“船……船稳了。”玲珑的声音细若蚊蚋,轻轻挣了挣,王重才如梦初醒般收回手,指尖却还残留着她腰腹的触感,让他有些心猿意马。
他重新拿起船桨,却没像刚才那样专注,目光总忍不住往玲珑身上飘——她的粗布衣衫被芦苇划破了一道口子,露出肩头一小片雪白的肌肤,在雾中泛着莹润的光。
划了约莫半个时辰,暗河河道渐渐宽了些,雾气也淡了些。
王重停下船桨,擦了擦额角的汗,刚想开口说些什么,却见玲珑盯着他的手臂,眉头微蹙:“你受伤了?”
王重这才想起,白天在驿站突围时,手臂被士兵的刀划了道口子,虽用布条包扎了,却没处理干净,此刻布条被河水浸湿,渗出暗红的血。
“没事,小伤。”
他想掩饰,玲珑却已经挪到他身边,伸手解开他的布条——她的指尖轻轻划过他的伤口边缘,让王重的身体瞬间绷紧。
“怎么能说没事?伤口都化脓了。”玲珑的声音带着几分嗔怪,从怀里掏出一个小瓷瓶——是她随身携带的金疮药,“我帮你重新包扎,不然化脓会更麻烦。”
王重没有拒绝,任由她握着自己的手臂。
她的指尖带着草药的清香,轻轻涂抹药膏时,偶尔会触碰到他的肌肤,让他心里泛起阵阵涟漪。

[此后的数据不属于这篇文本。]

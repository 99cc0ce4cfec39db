-- ===== src/LogScanner/Pipeline.antt =====
-- src/log_scanner/pipeline.rs: one line through parse, filter and classify to the stored row. The
-- two parsers, the formatting of an address and the `services` table are parameters.
pub mod Row
pub mod Resolver
use sentinalysis.Base.{
  Bool, List, Option, Text, [], any, codes, false, if◌then◌else◌, leb, ltb, map, none, some,
  text_eq, true, ℕ, ◌++◌, ◌+◌, ◌-◌, ◌^◌, ◌||◌, ◌∷◌,
}
use sentinalysis.Base.Dict.{Dict, insert, lookup}
use sentinalysis.Base.Results.{Result, err, ok}
use sentinalysis.Base.Int.{negsuc, pos, ℤ}
use sentinalysis.LogScanner.Entry.{
  InsertLogEntry, IpAddr, LogLevel, ParsedLogEntry, level_str, security,
}
use sentinalysis.LogScanner.Filter.{
  FilterResult, NoiseFilter, aggregate, evaluate, exclude, is_security_flag, text_or_empty,
}
use sentinalysis.LogScanner.Classifier.{ThreatResult, classify}
use sentinalysis.LogScanner.Classifier.Threat.{category_str, high, rank, threat_level_str}
use sentinalysis.Hub.Validate.{
  level, request_path, threat_categories, threat_level, timestamp, unit_type,
}
use sentinalysis.LogScanner.Source.{vhost_from_file_path}
use sentinalysis.LogScanner.Tailer.State.{TailLine}
use sentinalysis.Hub.Auth.Key.{Matcher}

abbrev pub unit_type_nginx_vhost : Text
unit_type_nginx_vhost = codes "nginx-vhost"

abbrev pub unit_type_system_log : Text
unit_type_system_log = codes "system-log"

-- The `InsertService` of a new service.
pub record InsertService : Type 0 where
  pub name : Text
  pub unit_type : Text
  pub log_paths : Option (List Text)
  pub virtual_host : Option Text

-- `ServiceRepository::get_or_create` over the state `R` of the table.
abbrev pub GetOrCreate : Type 0 → Type 0
GetOrCreate R = R → InsertService → R × Result Text ℕ

-- The table and the cache of `DbServiceResolver`.
pub record Services (R : Type 0) : Type 0 where
  pub repo : R
  pub cache : Dict ℕ

abbrev pub stored_id : {R : Type 0} → Text → Dict ℕ → R × Result Text ℕ → Services R × Option ℕ
stored_id name cache (r, ok id) = (record { repo = r; cache = insert name id cache }, some id)
stored_id name cache (r, err e) = (record { repo = r; cache = cache }, none)

abbrev pub cached_or :
    {R : Type 0} → Services R → Option ℕ → Services R × Option ℕ → Services R × Option ℕ
cached_or s (some id) asked = (s, some id)
cached_or s none asked = asked

unfoldable pub resolve :
    {R : Type 0} → GetOrCreate R → Text → Text → Option Text → Services R → Services R × Option ℕ
unfolding lookup insert
resolve get_or_create name unit_type virtual_host s =
    let service : InsertService = record {
      name = name;
      unit_type = unit_type;
      log_paths = none;
      virtual_host = virtual_host;
    } in
    cached_or s (lookup name s.cache) (stored_id name s.cache (get_or_create s.repo service))

abbrev pub is_noise : FilterResult → Bool
is_noise (exclude reason) = true
is_noise (aggregate reason) = true
is_noise _ = false

abbrev pub noise_reason : FilterResult → Option Text
noise_reason (exclude reason) = some reason
noise_reason (aggregate reason) = some reason
noise_reason _ = none

unfoldable pub classify_level : LogLevel → ThreatResult → LogLevel
classify_level base_level threat =
    if leb (rank high) (rank threat.threat_level) then security else base_level

abbrev pub stored_level : LogLevel → FilterResult → ThreatResult → LogLevel
unfolding classify_level is_security_flag
stored_level base_level filter_result threat =
    if is_security_flag filter_result then security else classify_level base_level threat

-- `as i16` of a `u16`, and `as i64` of a `u64`.
abbrev pub as_signed : ℕ → ℕ → ℤ
as_signed half n = if ltb n half then pos n else negsuc (half + half - n - 1)

-- `Option::map`
abbrev pub map_some {ℓ} : {A B : Type ℓ} → (A → B) → Option A → Option B
map_some f none = none
map_some f (some a) = some (f a)

-- The row of a parsed entry.
unfoldable pub row_of :
    (IpAddr → Text) → ParsedLogEntry → FilterResult → ThreatResult → Option ℕ → InsertLogEntry
unfolding level_str threat_level_str category_str
row_of show_ip entry filter_result threat service_id = record {
  service_id = service_id;
  timestamp = entry.timestamp;
  level = level_str (stored_level entry.level filter_result threat);
  message = entry.message;
  raw_line = if is_noise filter_result then none else some entry.raw;
  client_ip = map_some show_ip entry.metadata.client_ip;
  request_path = entry.metadata.request_path;
  status_code = map_some (as_signed (2 ^ 15)) entry.metadata.status_code;
  response_time_ms = map_some (as_signed (2 ^ 63)) entry.metadata.response_time_ms;
  is_noise = is_noise filter_result;
  noise_reason = noise_reason filter_result;
  threat_level = threat_level_str threat.threat_level;
  threat_categories = map category_str threat.categories;
  source_host = none;
}

pub record Parser : Type 0 where
  pub name : Text
  pub parse : Text → Result Text (Option ParsedLogEntry)

pub record ParserMatch : Type 0 where
  pub names : List Text
  pub parser : Parser

unfoldable pub handles : ParserMatch → Text → Bool
unfolding text_eq
handles m file_name = any (λ n. text_eq n (codes "*") || text_eq n file_name) m.names

unfoldable pub default_registry : Parser → Parser → List ParserMatch
default_registry auth nginx =
    record { names = codes "auth.log" ∷ []; parser = auth }
    ∷ record { names = codes "*" ∷ []; parser = nginx }
    ∷ []

-- The first parser that handles the file, or else the last one; the registry is not empty.
unfoldable pub for_file : List ParserMatch → Text → Option Parser
unfolding handles
for_file [] file_name = none
for_file (m ∷ []) file_name = some m.parser
for_file (m ∷ n ∷ ms) file_name =
    let later = for_file (n ∷ ms) file_name in if handles m file_name then some m.parser else later

-- What the pipeline is built from.
pub record Pipeline (R : Type 0) : Type 0 where
  pub registry : List ParserMatch
  pub filter : NoiseFilter
  pub is_match : Matcher
  pub to_lowercase : Text → Text
  pub show_ip : IpAddr → Text
  pub file_name : Text → Option Text
  pub get_or_create : GetOrCreate R

-- The service of a virtual host, or of the log file.
unfoldable pub service_of :
    {R : Type 0} → Pipeline R → Option Text → Option Text → Services R → Services R × Option ℕ
unfolding resolve
service_of p (some vhost) file s =
    resolve p.get_or_create vhost unit_type_nginx_vhost (some vhost) s
service_of p none (some file) s = resolve p.get_or_create file unit_type_system_log none s
service_of p none none s = resolve p.get_or_create (codes "unknown-log") unit_type_system_log none s

abbrev pub or_else {ℓ} : {A : Type ℓ} → Option A → Option A → Option A
or_else none fallback = fallback
or_else (some a) fallback = some a

-- From the parser's answer to the row.
unfoldable pub finish :
    {R : Type 0}
    → Pipeline R
    → Text
    → Result Text (Option ParsedLogEntry)
    → Services R
    → Services R × Result Text (Option InsertLogEntry)
unfolding service_of row_of evaluate classify vhost_from_file_path
finish p path (err e) s = (s, err e)
finish p path (ok none) s = (s, ok none)
finish p path (ok (some entry)) s =
    let filter_result = evaluate p.is_match p.filter entry in
    let threat = classify p.to_lowercase entry in
    let file = p.file_name path in
    let virtual_host = or_else (vhost_from_file_path file) entry.metadata.virtual_host in
    let found = service_of p virtual_host file s in
    (found.0, ok (some (row_of p.show_ip entry filter_result threat found.1)))

-- The parser's error, with the parser and the file in front.
abbrev pub with_context :
    Text → Text → Result Text (Option ParsedLogEntry) → Result Text (Option ParsedLogEntry)
with_context name path (ok parsed) = ok parsed
with_context name path (err e) = err (name ++ (codes " [" ++ (path ++ (codes "]: " ++ e))))

-- `expect` on the parser: `none` is its panic.
unfoldable pub run_parser :
    {R : Type 0}
    → Pipeline R
    → TailLine
    → Option Parser
    → Services R
    → Option (Services R × Result Text (Option InsertLogEntry))
unfolding finish
run_parser p line none s = none
run_parser p line (some parser) s =
    some
      (finish p line.file_path (with_context parser.name line.file_path (parser.parse line.line)) s)

unfoldable pub process_line :
    {R : Type 0}
    → Pipeline R
    → TailLine
    → Services R
    → Option (Services R × Result Text (Option InsertLogEntry))
unfolding for_file run_parser
process_line p line s =
    run_parser p line (for_file p.registry (text_or_empty (p.file_name line.file_path))) s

月光透过雾层洒下来,落在玲珑的侧脸,她垂眸专注的模样,竟让王重看得有些失神。
他突然想起,小时候养母也曾这样为他处理伤口,只是那份温暖早已模糊,而此刻玲珑带来的温柔,却真实得让他想抓住。
“好了。”玲珑系好布条,抬头时正好撞进王重的目光里。
他的眼神深邃,像暗河的水,带着她看不懂的情绪,让她心跳又快了几分。
她慌乱地移开目光,却不小心碰到了王重放在腿上的手,两人的指尖轻轻相触,像电流般让彼此都颤了一下。
王重喉结动了动,突然伸手,轻轻将玲珑颊边的碎发别到耳后。
他的指尖擦过她的耳垂,温热的触感让玲珑浑身一僵,却没有躲开。